Activity:
Take the lines below beginning at the line that has "(any_stops stops (scan" and stopping after the line that has "statuses pid status (sp", and print them exactly as they are, with no other lines.
___
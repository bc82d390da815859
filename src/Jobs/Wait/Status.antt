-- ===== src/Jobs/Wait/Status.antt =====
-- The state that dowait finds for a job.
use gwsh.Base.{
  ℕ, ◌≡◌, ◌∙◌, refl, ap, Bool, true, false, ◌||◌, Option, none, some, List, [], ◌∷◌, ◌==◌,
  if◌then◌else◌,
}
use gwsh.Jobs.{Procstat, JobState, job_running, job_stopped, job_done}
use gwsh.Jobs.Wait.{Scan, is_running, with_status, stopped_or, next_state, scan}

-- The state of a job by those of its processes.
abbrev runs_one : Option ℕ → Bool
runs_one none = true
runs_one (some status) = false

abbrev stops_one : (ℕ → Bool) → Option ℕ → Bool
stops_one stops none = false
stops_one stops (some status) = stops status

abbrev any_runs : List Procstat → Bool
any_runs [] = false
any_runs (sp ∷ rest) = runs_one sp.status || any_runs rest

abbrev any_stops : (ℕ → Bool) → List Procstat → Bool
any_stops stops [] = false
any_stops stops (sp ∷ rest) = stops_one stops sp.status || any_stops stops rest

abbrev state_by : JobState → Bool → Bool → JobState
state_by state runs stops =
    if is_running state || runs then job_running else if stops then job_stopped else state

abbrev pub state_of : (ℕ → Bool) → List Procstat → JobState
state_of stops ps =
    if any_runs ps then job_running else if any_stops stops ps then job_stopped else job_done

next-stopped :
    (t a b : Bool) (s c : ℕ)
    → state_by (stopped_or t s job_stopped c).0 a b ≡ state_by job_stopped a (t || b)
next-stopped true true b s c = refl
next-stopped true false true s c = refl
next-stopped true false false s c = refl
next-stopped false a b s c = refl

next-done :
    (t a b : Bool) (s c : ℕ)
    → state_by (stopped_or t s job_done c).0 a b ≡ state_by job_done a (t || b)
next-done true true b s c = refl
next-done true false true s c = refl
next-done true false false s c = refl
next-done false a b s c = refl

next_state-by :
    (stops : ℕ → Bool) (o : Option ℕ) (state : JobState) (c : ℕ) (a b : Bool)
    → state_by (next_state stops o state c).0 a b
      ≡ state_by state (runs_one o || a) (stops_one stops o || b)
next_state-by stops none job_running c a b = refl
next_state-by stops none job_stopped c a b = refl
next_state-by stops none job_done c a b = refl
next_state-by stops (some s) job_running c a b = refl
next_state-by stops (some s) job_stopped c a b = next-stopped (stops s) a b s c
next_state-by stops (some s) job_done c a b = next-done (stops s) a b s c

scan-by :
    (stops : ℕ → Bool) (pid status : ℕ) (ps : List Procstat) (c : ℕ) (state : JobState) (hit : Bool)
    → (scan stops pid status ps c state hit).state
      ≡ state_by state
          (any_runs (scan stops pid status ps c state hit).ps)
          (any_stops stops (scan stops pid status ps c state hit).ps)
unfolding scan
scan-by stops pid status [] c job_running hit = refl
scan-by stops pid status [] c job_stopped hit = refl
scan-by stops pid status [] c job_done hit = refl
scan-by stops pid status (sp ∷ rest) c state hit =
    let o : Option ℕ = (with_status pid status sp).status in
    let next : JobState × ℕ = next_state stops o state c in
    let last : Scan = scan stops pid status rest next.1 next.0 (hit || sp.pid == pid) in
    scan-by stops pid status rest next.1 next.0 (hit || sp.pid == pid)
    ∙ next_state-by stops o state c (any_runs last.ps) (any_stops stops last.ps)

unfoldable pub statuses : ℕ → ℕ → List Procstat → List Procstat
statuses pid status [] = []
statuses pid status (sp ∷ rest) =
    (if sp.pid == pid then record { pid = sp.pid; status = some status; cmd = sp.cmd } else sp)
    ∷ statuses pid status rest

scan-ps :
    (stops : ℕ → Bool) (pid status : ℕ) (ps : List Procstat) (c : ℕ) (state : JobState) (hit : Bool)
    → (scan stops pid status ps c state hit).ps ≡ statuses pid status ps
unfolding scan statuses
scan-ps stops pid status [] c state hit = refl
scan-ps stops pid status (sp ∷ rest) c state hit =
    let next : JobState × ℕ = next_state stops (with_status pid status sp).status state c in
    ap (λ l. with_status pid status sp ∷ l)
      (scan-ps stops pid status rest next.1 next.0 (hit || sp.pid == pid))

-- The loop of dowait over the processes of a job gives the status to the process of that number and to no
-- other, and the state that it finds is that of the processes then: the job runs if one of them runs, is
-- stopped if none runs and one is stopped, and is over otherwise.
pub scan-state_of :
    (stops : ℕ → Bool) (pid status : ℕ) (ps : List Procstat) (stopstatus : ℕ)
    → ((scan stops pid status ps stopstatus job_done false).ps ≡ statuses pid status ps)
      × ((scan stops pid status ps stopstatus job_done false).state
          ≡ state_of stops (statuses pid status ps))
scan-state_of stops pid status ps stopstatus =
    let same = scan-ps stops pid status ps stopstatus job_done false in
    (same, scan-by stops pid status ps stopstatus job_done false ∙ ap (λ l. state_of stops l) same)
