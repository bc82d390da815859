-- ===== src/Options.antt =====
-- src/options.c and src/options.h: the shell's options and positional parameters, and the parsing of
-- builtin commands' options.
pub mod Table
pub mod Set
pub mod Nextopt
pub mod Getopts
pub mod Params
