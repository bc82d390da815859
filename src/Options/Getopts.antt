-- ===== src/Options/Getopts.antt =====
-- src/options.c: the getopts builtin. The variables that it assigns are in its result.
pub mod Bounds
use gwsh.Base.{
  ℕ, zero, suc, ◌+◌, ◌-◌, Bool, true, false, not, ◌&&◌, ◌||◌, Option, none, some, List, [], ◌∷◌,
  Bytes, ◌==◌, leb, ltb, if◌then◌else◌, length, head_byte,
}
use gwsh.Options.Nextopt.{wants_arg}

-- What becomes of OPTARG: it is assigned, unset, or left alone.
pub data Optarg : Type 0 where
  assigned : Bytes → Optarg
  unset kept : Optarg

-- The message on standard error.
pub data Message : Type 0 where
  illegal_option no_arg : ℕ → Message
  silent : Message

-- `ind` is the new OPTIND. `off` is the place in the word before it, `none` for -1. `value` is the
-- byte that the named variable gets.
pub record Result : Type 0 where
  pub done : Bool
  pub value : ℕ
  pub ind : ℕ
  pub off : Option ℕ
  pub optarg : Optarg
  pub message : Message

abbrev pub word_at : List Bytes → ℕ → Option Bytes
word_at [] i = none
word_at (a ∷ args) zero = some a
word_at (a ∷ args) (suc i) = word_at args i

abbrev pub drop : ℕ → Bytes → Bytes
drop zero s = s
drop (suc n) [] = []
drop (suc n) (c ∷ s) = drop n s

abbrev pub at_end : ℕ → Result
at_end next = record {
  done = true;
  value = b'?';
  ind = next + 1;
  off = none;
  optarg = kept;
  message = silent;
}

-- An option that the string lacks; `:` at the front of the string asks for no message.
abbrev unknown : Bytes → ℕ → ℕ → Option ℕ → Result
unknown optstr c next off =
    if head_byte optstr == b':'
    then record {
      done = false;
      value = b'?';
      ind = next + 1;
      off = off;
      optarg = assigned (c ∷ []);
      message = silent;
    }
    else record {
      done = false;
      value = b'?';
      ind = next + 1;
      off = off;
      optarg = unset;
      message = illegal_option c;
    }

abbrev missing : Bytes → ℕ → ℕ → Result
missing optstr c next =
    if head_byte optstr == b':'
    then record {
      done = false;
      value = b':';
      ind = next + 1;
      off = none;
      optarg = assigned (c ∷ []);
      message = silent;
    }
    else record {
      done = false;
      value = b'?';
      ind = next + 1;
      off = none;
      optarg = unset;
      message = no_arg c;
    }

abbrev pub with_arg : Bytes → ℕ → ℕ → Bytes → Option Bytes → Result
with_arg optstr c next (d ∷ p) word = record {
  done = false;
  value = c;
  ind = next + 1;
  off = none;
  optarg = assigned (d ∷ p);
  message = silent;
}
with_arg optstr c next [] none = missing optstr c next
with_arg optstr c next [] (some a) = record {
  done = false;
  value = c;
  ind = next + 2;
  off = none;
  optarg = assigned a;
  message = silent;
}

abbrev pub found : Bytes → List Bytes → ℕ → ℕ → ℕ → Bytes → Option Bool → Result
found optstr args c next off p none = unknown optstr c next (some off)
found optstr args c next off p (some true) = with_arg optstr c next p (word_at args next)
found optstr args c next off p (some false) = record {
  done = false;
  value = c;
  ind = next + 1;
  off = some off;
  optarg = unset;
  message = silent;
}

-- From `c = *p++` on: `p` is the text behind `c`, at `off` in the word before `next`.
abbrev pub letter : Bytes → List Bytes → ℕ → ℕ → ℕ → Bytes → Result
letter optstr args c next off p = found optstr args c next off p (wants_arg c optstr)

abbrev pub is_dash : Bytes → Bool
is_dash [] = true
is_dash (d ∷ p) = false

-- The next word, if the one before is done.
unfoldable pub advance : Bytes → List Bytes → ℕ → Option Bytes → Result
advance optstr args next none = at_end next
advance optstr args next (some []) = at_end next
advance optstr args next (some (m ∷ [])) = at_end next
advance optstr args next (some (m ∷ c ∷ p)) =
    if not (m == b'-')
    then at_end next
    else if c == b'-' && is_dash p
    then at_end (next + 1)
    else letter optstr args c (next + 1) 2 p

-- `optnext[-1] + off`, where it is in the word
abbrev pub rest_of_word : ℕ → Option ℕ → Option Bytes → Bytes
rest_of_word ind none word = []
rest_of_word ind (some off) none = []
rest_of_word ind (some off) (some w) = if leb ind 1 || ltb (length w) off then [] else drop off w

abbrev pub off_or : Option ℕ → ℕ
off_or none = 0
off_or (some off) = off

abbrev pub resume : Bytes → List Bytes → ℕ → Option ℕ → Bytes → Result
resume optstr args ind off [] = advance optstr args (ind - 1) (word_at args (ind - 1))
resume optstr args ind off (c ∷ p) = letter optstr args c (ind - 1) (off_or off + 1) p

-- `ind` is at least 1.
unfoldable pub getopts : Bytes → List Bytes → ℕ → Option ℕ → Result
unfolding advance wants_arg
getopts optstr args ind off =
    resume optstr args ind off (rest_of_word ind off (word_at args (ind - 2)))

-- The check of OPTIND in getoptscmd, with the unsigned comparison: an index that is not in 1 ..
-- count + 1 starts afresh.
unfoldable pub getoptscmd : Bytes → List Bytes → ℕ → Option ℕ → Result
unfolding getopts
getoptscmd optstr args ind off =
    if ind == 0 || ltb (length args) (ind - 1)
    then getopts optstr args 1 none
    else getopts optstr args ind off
___
Exercise result:
          (any_stops stops (scan stops pid status ps c state hit).ps)
unfolding scan
scan-by stops pid status [] c job_running hit = refl
scan-by stops pid status [] c job_stopped hit = refl
scan-by stops pid status [] c job_done hit = refl
scan-by stops pid status (sp ∷ rest) c state hit =
    let o : Option ℕ = (with_status pid status sp).status in
    let next : JobState × ℕ = next_state stops o state c in
    let last : Scan = scan stops pid status rest next.1 next.0 (hit || sp.pid == pid) in
    scan-by stops pid status rest next.1 next.0 (hit || sp.pid == pid)
    ∙ next_state-by stops o state c (any_runs last.ps) (any_stops stops last.ps)

unfoldable pub statuses : ℕ → ℕ → List Procstat → List Procstat
statuses pid status [] = []
statuses pid status (sp ∷ rest) =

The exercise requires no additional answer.